Stored items:

========================================

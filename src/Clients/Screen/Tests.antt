-- ===== src/Clients/Screen/Tests.antt =====
-- A table of two pages, on which the second is opened.
use ahmed_sila.Base.{
  ℕ, zero, suc, ◌+◌, ◌-◌, ◌*◌, ◌<◌, ◌≡◌, refl, true, false, some, none, List, [], ◌∷◌, ltb, take,
  drop, length, arith,
}
use ahmed_sila.Text.{Text, trim}
use ahmed_sila.Clients.Queries.{filter_clients}
use ahmed_sila.Text.Decimal.{show}
use ahmed_sila.Markup.{press, gives}
use ahmed_sila.Tickets.Screen.{Query}
use ahmed_sila.Clients.Types.{Client}
use ahmed_sila.Clients.Store.Tests.{lower, rodnik}
use ahmed_sila.Clients.Screen.{filter_of, is_filter, rows_of, view, first_row, range_label}
use ahmed_sila.Clients.Screen.Page.{Paging, clients_table, page, visit, act, page_of}
use ahmed_sila.Clients.Screen.Page.Laws.{
  IsDocumented, shown_rows, end, shown, label_at, visit-page_of,
}

abbrev paging : Paging
paging = record {
  page_rows = λ i size cs. take size (drop (i * size) cs);
  can_previous = λ i size cs. ltb 0 i;
  can_next = λ i size cs. ltb ((i + 1) * size) (length cs);
  previous_index = λ i. i - 1;
  next_index = λ i. i + 1;
}

can_next_documented :
    (i size : ℕ) (cs : List Client)
    → ltb ((i + 1) * size) (length cs) ≡ true
    → (i + 1) * size < length cs
can_next_documented i size cs h = ground (arith, h)

abbrev documented : IsDocumented paging
documented = record {
  rows_lem = λ i size cs. refl;
  can_next_lem = can_next_documented;
  previous_lem = λ i. refl;
  next_lem = λ i. refl;
}

abbrev copies : ℕ → List Client
copies zero = []
copies (suc n) = rodnik.client ∷ copies n

abbrev answered : Query (List Client)
answered = record { data_found = some (copies 26); is_pending = false; is_error = false }

abbrev plain : Text → Text
plain t = t

matching :
    length (
      shown_rows show plain plain lower paging answered
        (end show plain plain lower paging answered (press 261 ∷ []) none))
    ≡ 26
unfolding visit gives filter_clients trim filter_of is_filter rows_of view act page_of clients_table
    page
matching = refl

some_match : (n : ℕ) → n ≡ 26 → 0 < n
some_match n e = omega (arith, e)

-- The button «Вперёд» is the part with the number 261.
visit-page_of_example :
    let st = end show plain plain lower paging answered (press 261 ∷ []) none in
    let rows = shown_rows show plain plain lower paging answered st in
    let on_page = shown show plain plain lower paging answered (press 261 ∷ []) none in
    (0 < length on_page)
    × (range_label st.list (length rows)
        ≡ label_at (first_row st.list) (length on_page) (length rows))
visit-page_of_example =
    visit-page_of show plain plain lower paging answered (press 261 ∷ []) none documented
      (some_match _ matching)

turned : (end show plain plain lower paging answered (press 261 ∷ []) none).list.page_index ≡ 1
unfolding visit gives filter_clients trim filter_of is_filter rows_of view act page_of clients_table
    page
turned = refl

========================================

== Work instructions ==
Collect the complete line wherever the string "copies" appears in the records.

== Response area ==
abbrev copies : ℕ → List Client
copies zero = []
copies (suc n) = rodnik.client ∷ copies n
answered = record { data_found = some (copies 26); is_pending = false; is_error = false }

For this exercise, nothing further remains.